> What you are asked to do:
Among the entries below, one stretch runs from the line that contains "unload = λ v path. v;" through the line that contains "(t, t', made, ran)". Repeat that stretch exactly, ends included, and only that.

> Task material:
------------------------------------

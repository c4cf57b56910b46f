-- ===== src/LoadTest/Tests.antt =====
-- The load test at concrete inputs: a composite storage that only counts its mounts, and an engine that
-- counts up.
use libkvs.Prelude.{Option, none, true}
use libkvs.Prelude.Int.{ℤ, pos}
use libkvs.Storage.{is_some}
use libkvs.StringUtils.{split, starts_with}
use libkvs.Value.{Value, k_int32}
use libkvs.LinearHashStorage.Sample.{list_storage}
use libkvs.StorageRegistry.{
  VolumeImpl, linear_hash_registry, acquire_storage, find_volume, put_volume, acquire_node,
  count_storage, increment, put_key, find_counter,
}
use libkvs.VirtualStorage.{storage_node, no_storage_nodes, find_child, put_child}
use libkvs.VirtualStorage.Resolve.Laws.{node_at}
use libkvs.VirtualStorage.Mounting.{mount_node, insert_storage, ◌>>=◌}
use libkvs.VirtualStorage.Mounting.Unmount.{bind-some}
use libkvs.VirtualStorage.Mounting.Paths.{create_nodes_for_path, create_nodes}
use libkvs.VirtualStorage.Tables.{
  find_id, nodes_of_volume, push_node, replace_node, put_mount_point,
}
use libkvs.VirtualStorage.Session.{
  init, mount, remount_nodes, remount_entries, remounts_of, needs_remount, remount_all, attach,
}
use libkvs.LoadTest.Ledger.{CompositeLaws, IsLedger}
use libkvs.LoadTest.Ledger.Rounds.{thread_func-IsLedger}
use libkvs.LoadTest.OverVirtual.{virtual_storage, virtual_storage_laws}
use libkvs.RandomUtils.{random, random_between, generate_string, random_char}
use libkvs.VirtualStorage.Tables.{put_id}
use libkvs.LoadTest.Containers.{count_path}
use libkvs.LoadTest.{zero_counters, choose, generate_path, append_names}
use libkvs.Prelude.{bytes_eq, ℕ, suc, ◌+◌, ◌%◌, ◌<◌, ◌≡◌, refl, bytes, some, [], ◌∷◌, arith}
use libkvs.VirtualStorage.Session.{MountStatus, k_unmounted}
use libkvs.LoadTest.{TestOptions, Operation, operation_weights, add_weights, get_random_operation}
use libkvs.LoadTest.Weights.{sum_weights, operation_at, weight_of, get_random_operation_total}
use libkvs.LoadTest.Runner.{
  CompositeStorage, TestRunner, new_test_runner, record_mount, perform, perform_mount_op,
  mount_random,
}
use libkvs.LoadTest.Threads.{thread_func, thread_round, finish_round, take_sample, counted}

abbrev counting_storage : CompositeStorage
counting_storage = record {
  State = ℕ;
  mount = λ o n. some (record { status = MountStatus.k_ok; mount_id = n }, suc n);
  unmount = λ id n. some (k_unmounted, n);
  get_value = λ key path n. n;
  put_value = λ key path size n. n;
  delete_value = λ key path n. n;
  get_keys_range = λ path offset count n. n;
}

abbrev options : TestOptions
options = record {
  threads_count = 1;
  cache_size = 4096;
  record_size = 1024;
  data_size = 16;
  max_nodes = 4;
  reads_weight = 2;
  writes_weight = 0;
  deletes_weight = 1;
  mounts_weight = 3;
  unmounts_weight = 2;
  krqs_weight = 1;
  test_time = 1000;
  window_size = 100;
  key_length = 2;
  rnd_seed = 0;
}

get_random_operation_total_example :
    (op : Operation) × (get_random_operation 11
        (add_weights 0 (operation_weights options))
        (operation_weights options)
      ≡ some op)
    × (operation_at (11 % sum_weights (operation_weights options)) (operation_weights options)
        ≡ some op)
    × (0 < weight_of options op)
get_random_operation_total_example =
    get_random_operation_total options 11 (unfold sum_weights operation_weights in omega arith)
      (unfold sum_weights operation_weights in omega arith)

abbrev from_three : ℕ → ℕ
from_three i = i + 3

abbrev made : TestRunner counting_storage from_three
made = record {
  opts = options;
  total_weight = 9;
  samples = [];
  counters = zero_counters;
  storage = 2;
  storage_paths = (bytes "A", 1) ∷ [];
  mount_points = (1, bytes "A") ∷ [];
  keys_in_use = [];
  interval_start_time = 0;
  next_draw = 0;
}

-- The first round mounts a second path.
abbrev after_round : TestRunner counting_storage from_three
after_round = record made {
  counters = record zero_counters { total_ops = 1; mount_ops = 1 };
  storage = 3;
  storage_paths = (bytes "A", 1) ∷ (bytes "5", 1) ∷ [];
  mount_points = (1, bytes "A") ∷ (2, bytes "5") ∷ [];
  next_draw = 7;
}

constructed : new_test_runner counting_storage from_three options 1 0 ≡ some made
unfolding new_test_runner record_mount count_path put_id add_weights operation_weights
constructed = refl

one_round : thread_func counting_storage from_three (50 ∷ []) made ≡ some after_round
unfolding thread_func thread_round finish_round take_sample counted perform perform_mount_op
    mount_random record_mount count_path put_id operation_weights get_random_operation choose random
    random_between generate_path append_names generate_string random_char bytes_eq
one_round = refl

-- The same over the virtual storage and the registry of the library, with a volume that loads one node.
abbrev leaf_volume : VolumeImpl
leaf_volume = record {
  Volume = ℕ;
  open_volume = λ path. some 0;
  load = λ v path params. (
    some (storage_node (bytes "load_test_data/load_test_volume.json") path 4 no_storage_nodes),
    v,
  );
  unload = λ v path. v;
}

abbrev value_of : ℕ → Value
value_of size = record { raw_value = []; type = k_int32 }

abbrev clock : ℕ → ℤ
clock i = pos 0

abbrev tested : CompositeStorage
tested = virtual_storage (linear_hash_registry leaf_volume) list_storage clock value_of

abbrev tested_laws : CompositeLaws tested
tested_laws = virtual_storage_laws (linear_hash_registry leaf_volume) list_storage clock value_of

abbrev at_start : tested.State
at_start = (
  init (linear_hash_registry leaf_volume)
      (record { volumes = []; counted = record { storage_counters = []; storage_keys = [] } }),
  λ p. [],
)

the : {A : Type 0} (o : Option A) → is_some o ≡ true → (a : A) × (o ≡ some a)
the none h = absurd (cc h)
the (some a) h = (a, refl)

abbrev first_round : Option (TestRunner tested from_three)
first_round = new_test_runner tested from_three options at_start 0 >>= λ t.
    thread_func tested from_three (50 ∷ []) t

first_round_returns : is_some first_round ≡ true
unfolding new_test_runner record_mount count_path put_id add_weights operation_weights thread_func
    thread_round finish_round take_sample counted perform perform_mount_op mount_random
    get_random_operation choose random random_between generate_path append_names generate_string
    random_char bytes_eq mount remount_nodes remount_entries remounts_of needs_remount
    nodes_of_volume remount_all attach create_nodes_for_path create_nodes replace_node
    put_mount_point push_node find_id node_at find_child put_child mount_node insert_storage split
    starts_with acquire_storage find_volume put_volume acquire_node count_storage increment put_key
    find_counter
first_round_returns = refl

both_rounds :
    (t : TestRunner tested from_three) × (t' : TestRunner tested from_three) × (new_test_runner
        tested from_three options at_start 0
      ≡ some t)
    × (thread_func tested from_three (50 ∷ []) t ≡ some t')
both_rounds =
    let (t', done) = the first_round first_round_returns in
    let (t, made, ran) =
      bind-some (new_test_runner tested from_three options at_start 0) _ t' done in
    (t, t', made, ran)

thread_func-IsLedger_example : IsLedger tested tested_laws from_three 0 both_rounds.1
thread_func-IsLedger_example =
    thread_func-IsLedger tested tested_laws from_three options at_start 0 (50 ∷ []) both_rounds.0
      both_rounds.1 (omega arith) both_rounds.2 both_rounds.3
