-- ===== src/Scheduler/Queue/Group.antt =====
-- `process_queued_leaf_batch` of ForgeANN/src/forgeann/scheduler.rs: the leaves of a batch by data
-- set. `process_leaf_batch` stands for the processing of leaves of one data set, with its effect on
-- a state `W`.
use mathlib.Core.List.{append_assoc}
use mathlib.Core.Path.{fun_ext}
use forge_ann.Prelude.{
  ℕ, All, ◌≤◌, ◌≡◌, refl, ap, ◌∙◌, sym, Bool, true, false, not, ◌==◌, if◌then◌else◌, Bool-cases,
  inl, inr, Option, none, some, List, [], ◌∷◌, ◌++◌, map, length, arith,
}
use forge_ann.Prelude.Results.{Result, ok, err, ◌>>=◌}
use forge_ann.Scheduler.{QueuedLeaf}

same_queued_dataset : Option ℕ → Option ℕ → Bool
same_queued_dataset none none = true
same_queued_dataset (some left) (some right) = left == right
same_queued_dataset _ _ = false

abbrev Leaves : Type 0
Leaves = List (List ℕ)

-- The leaves of one data set, in order.
abbrev LeafGroup : Type 0
LeafGroup = Option ℕ × Leaves

module _ {W : Type 0} (process_leaf_batch : Option ℕ → Leaves → W → Result ℕ W) where
  flush_queued_leaf_batch : Option ℕ → Leaves → W → Result ℕ W
  flush_queued_leaf_batch dataset leaves w =
      if length leaves == 0 then ok w else process_leaf_batch dataset leaves w

  -- The loop over the batch, with the leaves that wait and their data set.
  process_from : Option ℕ → Leaves → List QueuedLeaf → W → Result ℕ W
  unfolding flush_queued_leaf_batch same_queued_dataset
  process_from current leaves [] w = flush_queued_leaf_batch current leaves w
  process_from current leaves (q ∷ qs) w =
      if length leaves == 0
      then process_from q.dataset (q.leaf ∷ []) qs w
      else if not (same_queued_dataset current q.dataset)
      then flush_queued_leaf_batch current leaves w >>= process_from q.dataset (q.leaf ∷ []) qs
      else process_from current (leaves ++ (q.leaf ∷ [])) qs w

  pub process_queued_leaf_batch : List QueuedLeaf → W → Result ℕ W
  unfolding process_from
  process_queued_leaf_batch qs w = process_from none [] qs w

  -- Groups in turn, up to the first error.
  unfoldable pub process_groups : List LeafGroup → W → Result ℕ W
  process_groups [] w = ok w
  process_groups ((dataset, leaves) ∷ groups) w =
      process_leaf_batch dataset leaves w >>= process_groups groups

-- A leaf with its data set.
abbrev pub Tagged : Type 0
Tagged = Option ℕ × List ℕ

abbrev tagged : QueuedLeaf → Tagged
tagged q = (q.dataset, q.leaf)

tag : Option ℕ → Leaves → List Tagged
tag dataset [] = []
tag dataset (leaf ∷ leaves) = (dataset, leaf) ∷ tag dataset leaves

pub ungroup : List LeafGroup → List Tagged
unfolding tag
ungroup [] = []
ungroup ((dataset, leaves) ∷ groups) = tag dataset leaves ++ ungroup groups

same-dataset : (a b : Option ℕ) → same_queued_dataset a b ≡ true → a ≡ b
unfolding same_queued_dataset
same-dataset none none e = refl
same-dataset (some x) (some y) e = ground arith
same-dataset none (some y) e = absurd (ground arith)
same-dataset (some x) none e = absurd (ground arith)

tag-append : (d : Option ℕ) (xs ys : Leaves) → tag d (xs ++ ys) ≡ tag d xs ++ tag d ys
unfolding tag
tag-append d [] ys = refl
tag-append d (x ∷ xs) ys = ap (λ zs. (d, x) ∷ zs) (tag-append d xs ys)

joined :
    (current : Option ℕ) (leaves : Leaves) (q : QueuedLeaf) (rest : List Tagged)
    → current ≡ q.dataset
    → tag current (leaves ++ (q.leaf ∷ [])) ++ rest ≡ tag current leaves ++ (tagged q ∷ rest)
unfolding tag
joined current leaves q rest e =
    ap (λ xs. xs ++ rest) (tag-append current leaves (q.leaf ∷ []))
    ∙ append_assoc (tag current leaves) (tag current (q.leaf ∷ [])) rest
    ∙ ap (λ (d : Option ℕ). tag current leaves ++ ((d, q.leaf) ∷ rest)) e

no_leaf : (leaves : Leaves) → (length leaves == 0) ≡ true → leaves ≡ []
no_leaf [] e = refl
no_leaf (x ∷ xs) e = absurd (ground arith)

abbrev pub HasLeaves : LeafGroup → Type 0
HasLeaves g = 1 ≤ length (g.1)

module _ {W : Type 0} (process_leaf_batch : Option ℕ → Leaves → W → Result ℕ W) where
  -- What a run is: groups in turn, which are these leaves in order.
  abbrev pub InGroups : List Tagged → (W → Result ℕ W) → Type 0
  InGroups leaves f =
      (groups : List LeafGroup) × ((w : W) → f w ≡ process_groups process_leaf_batch groups w)
      × (ungroup groups ≡ leaves)
      × All HasLeaves groups

  groups_end : (m : Result ℕ W) → (m >>= process_groups process_leaf_batch []) ≡ m
  unfolding process_groups
  groups_end (ok w) = refl
  groups_end (err e) = refl

  flush-InGroups :
      (current : Option ℕ) (leaves : Leaves) (rest : List Tagged) (f : W → Result ℕ W)
      → (length leaves == 0) ≡ false
      → InGroups rest f
      → InGroups (tag current leaves ++ rest) (λ w. process_leaf_batch current leaves w >>= f)
  unfolding process_groups ungroup
  flush-InGroups current leaves rest f e (groups, same, all, full) = (
    (current, leaves) ∷ groups,
    λ w. ap (λ k. process_leaf_batch current leaves w >>= k) (fun_ext same),
    ap (λ xs. tag current leaves ++ xs) all,
    (ground arith, full),
  )

  process_from-InGroups :
      (current : Option ℕ) (leaves : Leaves) (qs : List QueuedLeaf)
      → InGroups
          (tag current leaves ++ map tagged qs)
          (process_from process_leaf_batch current leaves qs)
  unfolding process_from flush_queued_leaf_batch process_groups ungroup tag
  process_from-InGroups current leaves [] = elim (Bool-cases (length leaves == 0)) [
    | inl e ↦ ([], λ w. rw e refl, rw (no_leaf leaves e) refl, tt)
    | inr e ↦ (
      (current, leaves) ∷ [],
      λ w. rw e (sym (groups_end (process_leaf_batch current leaves w))),
      refl,
      (ground arith, tt),
    )
  ]
  process_from-InGroups current leaves (q ∷ qs) =
      let (groups, same, all, full) = process_from-InGroups q.dataset (q.leaf ∷ []) qs in
      let (grown, same', all', full') =
        process_from-InGroups current (leaves ++ (q.leaf ∷ [])) qs in
      elim (Bool-cases (length leaves == 0)) [
        | inl e ↦ (groups, λ w. rw e (same w), rw (no_leaf leaves e) all, full)
        | inr e ↦ elim (Bool-cases (same_queued_dataset current q.dataset)) [
          | inl s ↦ (
            grown,
            λ w. rw (e, s) (same' w),
            all' ∙ joined current leaves q (map tagged qs) (same-dataset current q.dataset s),
            full',
          )
          | inr d ↦
              let (gs, run, at, fs) =
                flush-InGroups current leaves (tagged q ∷ map tagged qs) _ e
                  (groups, same, all, full) in
              (gs, λ w. rw (e, d) (run w), at, fs)
        ]
      ]

  -- For any leaves of a batch: they are processed as groups in turn, up to the first error; each
  -- group has a leaf, and the leaves of the groups with their data sets are those of the batch in
  -- order.
  pub process_queued_leaf_batch-InGroups :
      (qs : List QueuedLeaf)
      → InGroups (map tagged qs) (process_queued_leaf_batch process_leaf_batch qs)
  unfolding process_queued_leaf_batch tag
  process_queued_leaf_batch-InGroups qs = process_from-InGroups none [] qs
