-- ===== src/Scheduler/QueueTests.antt =====
-- Runs of one thread on the queue, of the guards and of the drainers at small inputs.
use forge_ann.Prelude.{ℕ, ◌+◌, ◌*◌, refl, true, none, List, [], ◌∷◌, ◌++◌, length, arith}
use forge_ann.Prelude.Results.{Result, ok}
use forge_ann.Prelude.{Option, some, false}
use forge_ann.Scheduler.{make_queued_leaf, QueuedLeaf, WorkGraph, ForgeannScheduler, new}
use forge_ann.Scheduler.Budget.{SchedulerBudget, LeafBatchDrainPolicy}
use forge_ann.Scheduler.Queue.{wait_until_idle, max_leaf_worker_capacity}
use forge_ann.Scheduler.Queue.Batch.{BatchOf, try_take_queued_leaf_batch-BatchOf}
use forge_ann.Scheduler.Queue.Alone.{IsAlone, IsDone, wait_until_idle-IsDone}
use forge_ann.Scheduler.Queue.Group.{
  InGroups, process_queued_leaf_batch, process_queued_leaf_batch-InGroups,
}
use forge_ann.Scheduler.Emitter.{emit_leaf_with_optional_dataset_wait}
use forge_ann.Scheduler.Emitter.Alone.{IsEmitted, emit_leaf-IsEmitted}
use forge_ann.Scheduler.Limits.{
  limit_entry, finish_leaf_drainer_limit, spawn_leaf_drainer, leaf_worker_limit_for_backlog,
}
use forge_ann.Scheduler.Limits.Guards.{IsRest, finish_leaf_drainer_limit-IsRest}
use forge_ann.Scheduler.Limits.Bounds.{Pool, Turns, here, next, spawns, IsStaffed, Turns-IsStaffed}

abbrev budget : SchedulerBudget
budget = record {
  worker_count = 3;
  leaf_backlog_capacity = 2;
  producer_leaf_backlog_soft_limit = 0;
  large_leaf_min_size = 4096;
  leaf_block_rows = 1024;
}

abbrev graph : WorkGraph
graph = record { enable = true; quantum_ms = 5; min_tile_rows = 2; target_queue_ms = 10 }

abbrev policy : LeafBatchDrainPolicy
policy = record {
  enabled = true;
  max_leaves = 2;
  max_points = 10;
  min_backlog = 1;
  max_active_hydrations = 0;
  post_producer_scale = 1;
  post_producer_max_leaves = 2;
  post_producer_max_points = 10;
}

abbrev scheduler : ForgeannScheduler
scheduler = new budget graph policy

abbrev leaf_of : List ℕ → ℕ → QueuedLeaf
leaf_of ids work = record {
  leaf = ids;
  dataset = none;
  estimated_work_ms = work;
  estimated_mem_bytes = 4 * length ids + work;
}

abbrev first : QueuedLeaf
first = leaf_of (7 ∷ 8 ∷ 9 ∷ []) 10

abbrev second : QueuedLeaf
second = leaf_of (4 ∷ []) 5

abbrev waiting : ForgeannScheduler
waiting = record scheduler { leaf_backlog = first ∷ (second ∷ []); outstanding_leaf_tasks = 2 }

abbrev collect : List QueuedLeaf → List QueuedLeaf → Result ℕ (List QueuedLeaf)
collect leaves seen = ok (seen ++ leaves)

waiting-IsAlone : IsAlone waiting
unfolding new
waiting-IsAlone = record { tasks = refl; fits = omega arith; few = omega arith; no_error = refl }

wait_until_idle-IsDone_example : IsDone collect waiting [] (wait_until_idle collect 3 waiting [])
wait_until_idle-IsDone_example =
    wait_until_idle-IsDone collect 3 waiting [] (omega arith) waiting-IsAlone

try_take_queued_leaf_batch-BatchOf_example : BatchOf waiting
try_take_queued_leaf_batch-BatchOf_example =
    try_take_queued_leaf_batch-BatchOf waiting first (second ∷ []) refl

abbrev guarded : ForgeannScheduler
guarded = record scheduler {
  drainers = record scheduler.drainers {
    leaf_drainer_limits =
        record { limit = 1; backpressure_limit = 2 }
        ∷ (record { limit = 2; backpressure_limit = 2 } ∷ []);
    leaf_drainer_limit = 1;
    leaf_drainer_backpressure_limit = 2;
  };
}

finish_leaf_drainer_limit-IsRest_example :
    IsRest guarded (limit_entry guarded 1 4) (finish_leaf_drainer_limit guarded 1 4)
unfolding limit_entry max_leaf_worker_capacity new
finish_leaf_drainer_limit-IsRest_example =
    finish_leaf_drainer_limit-IsRest guarded 1 4 []
      (record { limit = 2; backpressure_limit = 2 } ∷ []) refl

abbrev staffed : ForgeannScheduler
staffed = record scheduler { drainers = record scheduler.drainers { active_leaf_drainers = 1 } }

abbrev before : Pool
before = record {
  shared = scheduler;
  drainers = record { working = 0; retiring = 0; released = 0 };
}

abbrev spawned : Pool
spawned = record { shared = staffed; drainers = record { working = 1; retiring = 0; released = 0 } }

one_spawn : Turns before spawned
unfolding new spawn_leaf_drainer leaf_worker_limit_for_backlog max_leaf_worker_capacity
one_spawn = next here (spawns scheduler staffed 4 refl refl)

none-IsStaffed : IsStaffed 3 before
unfolding new
none-IsStaffed = record {
  same_workers = refl;
  active = refl;
  retiring = refl;
  within = omega arith;
}

Turns-IsStaffed_example : IsStaffed 3 spawned
Turns-IsStaffed_example = Turns-IsStaffed (omega arith) one_spawn none-IsStaffed

emit_leaf-IsEmitted_example :
    IsEmitted collect waiting
      (make_queued_leaf graph (5 ∷ []) none)
      []
      (emit_leaf_with_optional_dataset_wait collect 2 waiting (5 ∷ []) none false [])
unfolding new
emit_leaf-IsEmitted_example =
    emit_leaf-IsEmitted collect waiting (5 ∷ []) none [] refl (omega arith) (omega arith)

abbrev of_three : List QueuedLeaf
of_three = record first { dataset = some 1 } ∷ (record second { dataset = some 1 } ∷ (second ∷ []))

abbrev collect_group : Option ℕ → List (List ℕ) → List ℕ → Result ℕ (List ℕ)
collect_group dataset leaves seen = ok (seen ++ (length leaves ∷ []))

process_queued_leaf_batch-InGroups_example :
    InGroups collect_group
      ((some 1, 7 ∷ 8 ∷ 9 ∷ []) ∷ ((some 1, 4 ∷ []) ∷ ((none, 4 ∷ []) ∷ [])))
      (process_queued_leaf_batch collect_group of_three)
process_queued_leaf_batch-InGroups_example =
    process_queued_leaf_batch-InGroups collect_group of_three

------------------------------------

> Answer for this exercise:
  unload = λ v path. v;
}

abbrev value_of : ℕ → Value
value_of size = record { raw_value = []; type = k_int32 }

abbrev clock : ℕ → ℤ
clock i = pos 0

abbrev tested : CompositeStorage
tested = virtual_storage (linear_hash_registry leaf_volume) list_storage clock value_of

abbrev tested_laws : CompositeLaws tested
tested_laws = virtual_storage_laws (linear_hash_registry leaf_volume) list_storage clock value_of

abbrev at_start : tested.State
at_start = (
  init (linear_hash_registry leaf_volume)
      (record { volumes = []; counted = record { storage_counters = []; storage_keys = [] } }),
  λ p. [],
)

the : {A : Type 0} (o : Option A) → is_some o ≡ true → (a : A) × (o ≡ some a)
the none h = absurd (cc h)
the (some a) h = (a, refl)

abbrev first_round : Option (TestRunner tested from_three)
first_round = new_test_runner tested from_three options at_start 0 >>= λ t.
    thread_func tested from_three (50 ∷ []) t

first_round_returns : is_some first_round ≡ true
unfolding new_test_runner record_mount count_path put_id add_weights operation_weights thread_func
    thread_round finish_round take_sample counted perform perform_mount_op mount_random
    get_random_operation choose random random_between generate_path append_names generate_string
    random_char bytes_eq mount remount_nodes remount_entries remounts_of needs_remount
    nodes_of_volume remount_all attach create_nodes_for_path create_nodes replace_node
    put_mount_point push_node find_id node_at find_child put_child mount_node insert_storage split
    starts_with acquire_storage find_volume put_volume acquire_node count_storage increment put_key
    find_counter
first_round_returns = refl

both_rounds :
    (t : TestRunner tested from_three) × (t' : TestRunner tested from_three) × (new_test_runner
        tested from_three options at_start 0
      ≡ some t)
    × (thread_func tested from_three (50 ∷ []) t ≡ some t')
both_rounds =
    let (t', done) = the first_round first_round_returns in
    let (t, made, ran) =
      bind-some (new_test_runner tested from_three options at_start 0) _ t' done in
    (t, t', made, ran)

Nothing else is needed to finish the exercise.